(Records shown Opens)

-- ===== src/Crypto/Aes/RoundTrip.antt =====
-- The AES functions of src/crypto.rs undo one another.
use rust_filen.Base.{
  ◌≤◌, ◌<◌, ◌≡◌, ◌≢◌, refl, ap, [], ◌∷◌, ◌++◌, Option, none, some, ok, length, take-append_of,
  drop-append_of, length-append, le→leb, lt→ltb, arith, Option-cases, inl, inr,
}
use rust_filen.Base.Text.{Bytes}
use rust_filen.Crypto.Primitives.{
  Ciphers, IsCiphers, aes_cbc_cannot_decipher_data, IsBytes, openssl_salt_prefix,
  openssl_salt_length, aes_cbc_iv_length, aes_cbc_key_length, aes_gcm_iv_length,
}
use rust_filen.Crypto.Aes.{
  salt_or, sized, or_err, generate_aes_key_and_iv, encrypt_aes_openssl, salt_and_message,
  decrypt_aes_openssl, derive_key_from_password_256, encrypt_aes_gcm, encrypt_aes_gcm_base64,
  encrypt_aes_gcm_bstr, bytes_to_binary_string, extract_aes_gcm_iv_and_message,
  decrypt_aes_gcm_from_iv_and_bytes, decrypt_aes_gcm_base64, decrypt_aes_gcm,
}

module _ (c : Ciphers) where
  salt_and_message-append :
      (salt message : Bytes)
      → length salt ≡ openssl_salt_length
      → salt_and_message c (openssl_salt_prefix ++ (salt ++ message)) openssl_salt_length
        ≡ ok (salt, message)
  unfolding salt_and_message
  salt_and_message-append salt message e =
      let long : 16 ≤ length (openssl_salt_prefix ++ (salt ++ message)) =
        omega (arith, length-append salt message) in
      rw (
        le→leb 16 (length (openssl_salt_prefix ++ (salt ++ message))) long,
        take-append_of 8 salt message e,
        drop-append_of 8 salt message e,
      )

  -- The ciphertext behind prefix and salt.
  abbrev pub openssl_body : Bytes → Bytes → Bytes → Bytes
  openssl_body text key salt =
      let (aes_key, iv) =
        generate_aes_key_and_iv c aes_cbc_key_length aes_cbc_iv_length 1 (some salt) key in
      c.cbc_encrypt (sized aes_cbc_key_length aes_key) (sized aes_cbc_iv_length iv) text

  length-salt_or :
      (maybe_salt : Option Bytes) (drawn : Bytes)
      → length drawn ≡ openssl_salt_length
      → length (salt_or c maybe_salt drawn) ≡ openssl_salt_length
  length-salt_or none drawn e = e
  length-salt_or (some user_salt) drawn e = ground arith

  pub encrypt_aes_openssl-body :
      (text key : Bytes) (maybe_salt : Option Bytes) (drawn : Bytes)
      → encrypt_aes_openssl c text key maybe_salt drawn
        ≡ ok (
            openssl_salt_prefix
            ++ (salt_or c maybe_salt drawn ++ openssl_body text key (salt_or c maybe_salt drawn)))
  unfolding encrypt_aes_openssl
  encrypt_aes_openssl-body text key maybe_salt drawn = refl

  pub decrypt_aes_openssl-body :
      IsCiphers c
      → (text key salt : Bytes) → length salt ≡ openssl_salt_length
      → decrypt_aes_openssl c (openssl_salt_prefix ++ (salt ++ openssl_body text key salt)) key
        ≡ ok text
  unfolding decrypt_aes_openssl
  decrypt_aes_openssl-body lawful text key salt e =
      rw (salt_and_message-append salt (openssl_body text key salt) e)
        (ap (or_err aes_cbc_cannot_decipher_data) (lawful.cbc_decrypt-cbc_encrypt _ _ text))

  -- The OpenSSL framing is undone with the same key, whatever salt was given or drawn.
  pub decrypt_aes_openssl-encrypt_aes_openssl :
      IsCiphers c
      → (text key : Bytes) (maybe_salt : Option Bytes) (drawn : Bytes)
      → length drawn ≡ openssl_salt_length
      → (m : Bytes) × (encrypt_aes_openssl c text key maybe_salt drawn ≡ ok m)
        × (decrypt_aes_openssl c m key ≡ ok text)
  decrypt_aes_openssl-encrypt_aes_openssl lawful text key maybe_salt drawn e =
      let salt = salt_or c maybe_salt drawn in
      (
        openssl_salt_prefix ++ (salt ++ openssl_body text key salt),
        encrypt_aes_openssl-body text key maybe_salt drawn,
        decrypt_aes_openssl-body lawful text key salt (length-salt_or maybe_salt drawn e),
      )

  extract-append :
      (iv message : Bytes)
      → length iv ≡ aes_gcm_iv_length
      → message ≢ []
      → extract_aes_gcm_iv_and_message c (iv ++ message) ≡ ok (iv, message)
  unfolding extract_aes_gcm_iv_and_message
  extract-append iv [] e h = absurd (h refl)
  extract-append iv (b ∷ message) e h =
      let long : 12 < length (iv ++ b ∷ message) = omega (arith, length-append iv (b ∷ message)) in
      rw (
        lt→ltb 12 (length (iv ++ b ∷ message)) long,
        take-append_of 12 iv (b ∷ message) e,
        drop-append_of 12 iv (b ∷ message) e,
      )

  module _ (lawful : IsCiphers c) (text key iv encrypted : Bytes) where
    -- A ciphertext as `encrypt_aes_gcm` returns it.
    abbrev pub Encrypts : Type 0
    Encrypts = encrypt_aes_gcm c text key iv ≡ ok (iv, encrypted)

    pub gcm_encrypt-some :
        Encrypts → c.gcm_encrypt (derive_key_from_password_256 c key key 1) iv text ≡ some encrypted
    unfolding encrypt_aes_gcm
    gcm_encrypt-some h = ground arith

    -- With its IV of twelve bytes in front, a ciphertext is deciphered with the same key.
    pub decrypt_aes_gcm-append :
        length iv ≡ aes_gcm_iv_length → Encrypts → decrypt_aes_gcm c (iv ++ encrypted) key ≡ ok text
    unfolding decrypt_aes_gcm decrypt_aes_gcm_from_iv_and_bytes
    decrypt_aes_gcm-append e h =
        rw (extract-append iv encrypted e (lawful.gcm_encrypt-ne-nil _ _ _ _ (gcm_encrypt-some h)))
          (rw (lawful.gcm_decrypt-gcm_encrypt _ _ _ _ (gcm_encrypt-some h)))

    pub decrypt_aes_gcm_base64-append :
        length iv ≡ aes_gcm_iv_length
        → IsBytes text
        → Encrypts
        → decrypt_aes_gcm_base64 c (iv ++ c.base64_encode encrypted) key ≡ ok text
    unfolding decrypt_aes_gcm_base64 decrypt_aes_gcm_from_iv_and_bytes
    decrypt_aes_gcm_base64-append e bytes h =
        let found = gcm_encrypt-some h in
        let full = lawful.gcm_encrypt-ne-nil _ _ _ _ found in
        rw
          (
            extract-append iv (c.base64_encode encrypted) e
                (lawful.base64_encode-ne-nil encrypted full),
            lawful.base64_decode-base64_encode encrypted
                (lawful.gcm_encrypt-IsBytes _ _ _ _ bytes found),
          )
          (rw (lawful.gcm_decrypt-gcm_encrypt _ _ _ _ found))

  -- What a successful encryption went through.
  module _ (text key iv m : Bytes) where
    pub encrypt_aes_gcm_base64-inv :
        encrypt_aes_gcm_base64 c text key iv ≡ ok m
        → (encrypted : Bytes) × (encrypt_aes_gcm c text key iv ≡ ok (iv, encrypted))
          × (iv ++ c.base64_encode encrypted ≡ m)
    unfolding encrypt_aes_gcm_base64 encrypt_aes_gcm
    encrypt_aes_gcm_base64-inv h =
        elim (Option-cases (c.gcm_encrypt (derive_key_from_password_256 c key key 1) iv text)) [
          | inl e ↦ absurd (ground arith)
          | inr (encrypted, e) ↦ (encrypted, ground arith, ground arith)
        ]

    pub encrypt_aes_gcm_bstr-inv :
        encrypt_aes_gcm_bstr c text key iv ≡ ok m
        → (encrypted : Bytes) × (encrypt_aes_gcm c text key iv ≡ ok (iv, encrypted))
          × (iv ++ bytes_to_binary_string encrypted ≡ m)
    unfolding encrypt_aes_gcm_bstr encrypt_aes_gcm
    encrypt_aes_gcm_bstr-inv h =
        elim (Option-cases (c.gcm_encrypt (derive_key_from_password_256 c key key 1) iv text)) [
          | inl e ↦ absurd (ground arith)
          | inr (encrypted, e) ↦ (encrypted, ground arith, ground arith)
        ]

(Records shown Closes)

Search the data above for lines holding "drop" and copy each of them.

* The answer
  drop-append_of, length-append, le→leb, lt→ltb, arith, Option-cases, inl, inr,
        drop-append_of 8 salt message e,
        drop-append_of 12 iv (b ∷ message) e,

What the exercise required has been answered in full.